Entries provided:
-- ===== src/LabConfig/Select.antt =====
-- scripts/lab_config.py: the readers of the catalog, and the selection of a lab and of a field.
-- `read` is `locked_path` and the file below it: none where the path leaves the repository, and
-- otherwise the bytes, or none where they cannot be read.
use yocto_qemu_edu_lab.Common.{
  ℕ, String, str_eq, lookup, Bool, true, ◌&&◌, not, Option, none, some, List, [], ◌∷◌, codes,
  length, leb, Result, ok, err, ◌>>=◌, ensure,
}
use yocto_qemu_edu_lab.Json.{Json, str, obj, Fields, get}
use yocto_qemu_edu_lab.Regex.{fullmatch}
use yocto_qemu_edu_lab.Shape.Parse.{Loaded, parse_json_bytes}
use yocto_qemu_edu_lab.SourceLock.Validate.{Url}
use yocto_qemu_edu_lab.SourceLock.Parse.{ReadError, path_escapes, read_lock}
use yocto_qemu_edu_lab.LabConfig.Values.{
  Checked, max_string_length, unreadable, unknown_lab, unknown_field, path_under,
}
use yocto_qemu_edu_lab.LabConfig.Profiles.{lab_id_pattern}
use yocto_qemu_edu_lab.LabConfig.Index.{validate_index}
use yocto_qemu_edu_lab.LabConfig.Catalog.{
  bad_lab, escapes, bad_source_lock, Cataloged, from_json, from_lab, Catalog, catalog_from_index,
  string_at, at_id,
}

abbrev pub from_read : {A : Type 0} → Result ReadError A → Cataloged A
from_read (ok a) = ok a
from_read (err e) = err (bad_source_lock e)

abbrev pub bytes_of : Option (List ℕ) → Cataloged (List ℕ)
bytes_of none = err (bad_lab unreadable)
bytes_of (some raw) = ok raw

abbrev pub inside : {A : Type 0} → Option A → Cataloged A
inside none = err escapes
inside (some a) = ok a

abbrev pub inside_for_lock : {A : Type 0} → Option A → Cataloged A
inside_for_lock none = err (bad_source_lock path_escapes)
inside_for_lock (some a) = ok a

-- `data` of `get_field`, for the parts of the name between the dots
unfoldable pub get_field : List String → Json → Checked Json
get_field [] value = ok value
get_field (part ∷ parts) (obj fields) = elim (get part fields) [
  | none ↦ err unknown_field
  | some value ↦ get_field parts value
]
get_field (part ∷ parts) _ = err unknown_field

abbrev pub is_lab_id : String → Bool
is_lab_id i =
    not (str_eq i "") && leb (length (codes i)) max_string_length && fullmatch lab_id_pattern i

abbrev pub valid_choice : Option String → Bool
valid_choice none = true
valid_choice (some i) = is_lab_id i

abbrev pub chosen : Option String → Fields → Checked String
chosen none index = string_at "default_lab" index
chosen (some i) index = ok i

-- `selected, manifests[selected], index_digest, digests[selected]`
pub record Selected : Type 0 where
  pub lab : String
  pub manifest : Fields
  pub index_digest : String
  pub manifest_digest : String

abbrev pub manifest_of : String → List (String × Fields) → Checked Fields
manifest_of i table = elim (lookup i table) [ none ↦ err unknown_lab | some manifest ↦ ok manifest ]

unfoldable pub select_from : Catalog → Option String → Checked Selected
select_from catalog lab_id = ensure (valid_choice lab_id) unknown_lab >>= λ fine.
    chosen lab_id catalog.index >>= λ i. manifest_of i catalog.manifests >>= λ manifest.
    at_id i catalog.digests >>= λ digest. ok (record {
      lab = i;
      manifest = manifest;
      index_digest = catalog.index_digest;
      manifest_digest = digest;
    })

module _ (category : ℕ → String) (urlsplit : String → Option Url) (decode : List ℕ → Option String)
    (loads : String → Loaded) (sha256 : List ℕ → String) where
  abbrev pub parse_json : List ℕ → Cataloged (Fields × String)
  parse_json raw = from_json (parse_json_bytes decode loads sha256 raw)

  unfoldable pub parse_index_bytes : List ℕ → Cataloged (Fields × String)
  parse_index_bytes raw = parse_json raw >>= λ (index, digest).
      from_lab (validate_index index) >>= λ valid. ok (index, digest)

  -- `read_manifest`, from bytes that a caller has read
  abbrev pub manifest_from : List (String × List ℕ) → String → Cataloged (Fields × String)
  manifest_from manifest_bytes path = bytes_of (lookup path manifest_bytes) >>= parse_json

  unfoldable pub read_catalog_bytes : List ℕ → List (String × List ℕ) → Fields → Cataloged Catalog
  unfolding parse_index_bytes
  read_catalog_bytes index_raw manifest_bytes source_data =
      parse_index_bytes index_raw >>= λ (index, digest).
      catalog_from_index category (manifest_from manifest_bytes) index digest source_data

  module _ (read : String → Option (Option (List ℕ))) where
    -- `read_manifest`, from the file
    abbrev pub manifest_file : String → Cataloged (Fields × String)
    manifest_file path = inside (read path) >>= bytes_of >>= parse_json

    unfoldable pub read_catalog : String → Cataloged Catalog
    unfolding parse_index_bytes
    read_catalog index_relative = from_lab (path_under "config" (str index_relative)) >>= λ path.
        inside (read path) >>= bytes_of >>= parse_index_bytes >>= λ (index, digest).
        inside_for_lock (read "config/sources.lock.json") >>= λ lock.
        from_read (read_lock urlsplit decode loads sha256 lock) >>= λ (source_data, lock_digest).
        catalog_from_index category manifest_file index digest source_data

    unfoldable pub select_lab : Option String → String → Cataloged Selected
    unfolding read_catalog select_from
    select_lab lab_id index_relative =
        read_catalog index_relative >>= λ catalog. from_lab (select_from catalog lab_id)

What is required: From the entries, copy out each line containing the word "module".

Answer below:
module _ (category : ℕ → String) (urlsplit : String → Option Url) (decode : List ℕ → Option String)
  module _ (read : String → Option (Option (List ℕ))) where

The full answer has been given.